Dgemm.java
package org.mklab.sdpj.gpack.blaswrap;
import org.mklab.nfc.matrix.ComplexNumericalMatrix;
import org.mklab.nfc.matrix.RealNumericalMatrix;
import org.mklab.nfc.scalar.ComplexNumericalScalar;
import org.mklab.nfc.scalar.RealNumericalScalar;
/**
* @author koga
* @version $Revision$, 2009/04/24
* @param <RS> 実スカラーの型
* @param <RM> 実行列の型
* @param <CS> 複素スカラーの型
* @param <CM> 複素行列の型
*/
public class Dgemm<RS extends RealNumericalScalar<RS, RM, CS, CM>, RM extends RealNumericalMatrix<RS, RM, CS, CM>, CS extends ComplexNumericalScalar<RS, RM, CS, CM>, CM extends ComplexNumericalMatrix<RS, RM, CS, CM>> {
/* Purpose
=======
DGEMM performs one of the matrix-matrix operations
C := alpha*op( A )*op( B ) + beta*C,
where op( X ) is one of
op( X ) = X or op( X ) = X',
alpha and beta are scalars, and A, B and C are matrices, with op( A )

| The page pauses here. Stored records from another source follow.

-- ===== src/Storage/Iterators/Merged.antt =====
-- internal/iterator/merge.go: `MergedIterator`.
use kengen.Base.{Bool, true, false, not, ◌&&◌, Option, none, some, if◌then◌else◌}
use kengen.Storage.Iterators.Ops.{Next, item, done, fault, IteratorOps}

-- The sign of `compareFn`.
pub data Sign : Type 0 where
  less equal greater : Sign

-- `MergedIterator`
pub record Merged (I J T : Type 0) : Type 0 where
  pub iter1 : I
  pub iter2 : J
  pub current1 : T
  pub current2 : T
  pub has_next1 : Bool
  pub has_next2 : Bool
  pub initialized : Bool

-- `Merge`, with the zero value of the type
unfoldable pub merge : {I J T : Type 0} → T → I → J → Merged I J T
merge zero_value it1 it2 = record {
  iter1 = it1;
  iter2 = it2;
  current1 = zero_value;
  current2 = zero_value;
  has_next1 = false;
  has_next2 = false;
  initialized = false;
}

-- A step that may fail, then the next one.
unfoldable pub and_then : {E A : Type 0} → Option E × A → (A → Option E × A) → Option E × A
and_then r f = elim r.0 [ none ↦ f r.1 | some e ↦ (some e, r.1) ]

-- A value that is returned beside an error is left out.
unfoldable pub give : {T E A : Type 0} → T → Option E × A → Next T E × A
give x r = elim r.0 [ none ↦ (item x, r.1) | some e ↦ (fault e, r.1) ]

module _ {I J T E : Type 0} (ops1 : IteratorOps I T E) (ops2 : IteratorOps J T E) where
  -- A read of the first iterator: the error that is not `ErrIteratorDone`, and the state.
  unfoldable pub advance1 : Option E → Merged I J T → Option E × Merged I J T
  advance1 ctx m =
      let r : Next T E × I = ops1.next ctx m.iter1 in
      elim r.0 [
        | item x ↦ (none, record m { iter1 = r.1; current1 = x })
        | done ↦ (none, record m { iter1 = r.1; has_next1 = false })
        | fault e ↦ (some e, record m { iter1 = r.1 })
      ]

  unfoldable pub advance2 : Option E → Merged I J T → Option E × Merged I J T
  advance2 ctx m =
      let r : Next T E × J = ops2.next ctx m.iter2 in
      elim r.0 [
        | item x ↦ (none, record m { iter2 = r.1; current2 = x })
        | done ↦ (none, record m { iter2 = r.1; has_next2 = false })
        | fault e ↦ (some e, record m { iter2 = r.1 })
      ]

  -- The first read of each: `has_next` is set unless the iterator is done, and left unset by an error.
  unfoldable pub read_first1 : Option E → Merged I J T → Option E × Merged I J T
  read_first1 ctx m =
      let r : Next T E × I = ops1.next ctx m.iter1 in
      elim r.0 [
        | item x ↦ (none, record m { iter1 = r.1; current1 = x; has_next1 = true })
        | done ↦ (none, record m { iter1 = r.1; has_next1 = false })
        | fault e ↦ (some e, record m { iter1 = r.1 })
      ]

  unfoldable pub read_first2 : Option E → Merged I J T → Option E × Merged I J T
  read_first2 ctx m =
      let r : Next T E × J = ops2.next ctx m.iter2 in
      elim r.0 [
        | item x ↦ (none, record m { iter2 = r.1; current2 = x; has_next2 = true })
        | done ↦ (none, record m { iter2 = r.1; has_next2 = false })
        | fault e ↦ (some e, record m { iter2 = r.1 })
      ]

  -- `initialize`
  unfoldable pub initialize : Option E → Merged I J T → Option E × Merged I J T
  unfolding read_first1 read_first2 and_then
  initialize ctx m =
      if m.initialized
      then (none, m)
      else and_then (read_first1 ctx (record m { initialized = true })) (read_first2 ctx)

  -- `Next` behind `initialize`: `returnFromIter1` gives the first current value, `returnFromIter2` the second.
  unfoldable pub merged_step : (T → T → Sign) → Option E → Merged I J T → Next T E × Merged I J T
  unfolding advance1 advance2 and_then give
  merged_step compare ctx m =
      if not m.has_next1 && not m.has_next2
      then (done, m)
      else if not m.has_next1
      then give m.current2 (advance2 ctx m)
      else if not m.has_next2
      then give m.current1 (advance1 ctx m)
      else elim (compare m.current1 m.current2) [
        | less ↦ give m.current1 (advance1 ctx m)
        | greater ↦ give m.current2 (advance2 ctx m)
        | equal ↦ give m.current1 (and_then (advance1 ctx m) (advance2 ctx))
      ]

  unfoldable pub after_initialize :
      (T → T → Sign) → Option E → Option E × Merged I J T → Next T E × Merged I J T
  unfolding merged_step
  after_initialize compare ctx r = elim r.0 [
    | none ↦ merged_step compare ctx r.1
    | some e ↦ (fault e, r.1)
  ]

  -- `MergedIterator.Next`
  unfoldable pub merged_next : (T → T → Sign) → Option E → Merged I J T → Next T E × Merged I J T
  unfolding initialize after_initialize
  merged_next compare ctx m = after_initialize compare ctx (initialize ctx m)

  -- `MergedIterator`, `not_supported` is `ErrHeadNotSupportedMergedIterator`
  unfoldable pub merged_ops : E → (T → T → Sign) → IteratorOps (Merged I J T) T E
  unfolding merged_next
  merged_ops not_supported compare = record {
    next = merged_next compare;
    head = λ ctx m. (fault not_supported, m);
    stop = λ m. record m { iter1 = ops1.stop m.iter1; iter2 = ops2.stop m.iter2 };
    is_ordered = λ m. ops1.is_ordered m.iter1 && ops2.is_ordered m.iter2;
  }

an m by k matrix, op( B ) a k by n matrix and C an m by n matrix.
Parameters
==========
TRANSA - CHARACTER*1.
On entry, TRANSA specifies the form of op( A ) to be used in
the matrix multiplication as follows:
TRANSA = 'N' or 'n', op( A ) = A.
TRANSA = 'T' or 't', op( A ) = A'.
TRANSA = 'C' or 'c', op( A ) = A'.
Unchanged on exit.
TRANSB - CHARACTER*1.
On entry, TRANSB specifies the form of op( B ) to be used in
the matrix multiplication as follows:
TRANSB = 'N' or 'n', op( B ) = B.
TRANSB = 'T' or 't', op( B ) = B'.
TRANSB = 'C' or 'c', op( B ) = B'.
Unchanged on exit.
M - INTEGER.
On entry, M specifies the number of rows of the matrix
op( A ) and of the matrix C. M must be at least zero.
Unchanged on exit.
N - INTEGER.
On entry, N specifies the number of columns of the matrix
op( B ) and the number of columns of the matrix C. N must be
at least zero.
Unchanged on exit.
K - INTEGER.
On entry, K specifies the number of columns of the matrix
op( A ) and the number of rows of the matrix op( B ). K must
be at least zero.
Unchanged on exit.
ALPHA - DOUBLE PRECISION.
On entry, ALPHA specifies the scalar alpha.
Unchanged on exit.
A - DOUBLE PRECISION array of DIMENSION ( LDA, ka ), where ka is
k when TRANSA = 'N' or 'n', and is m otherwise.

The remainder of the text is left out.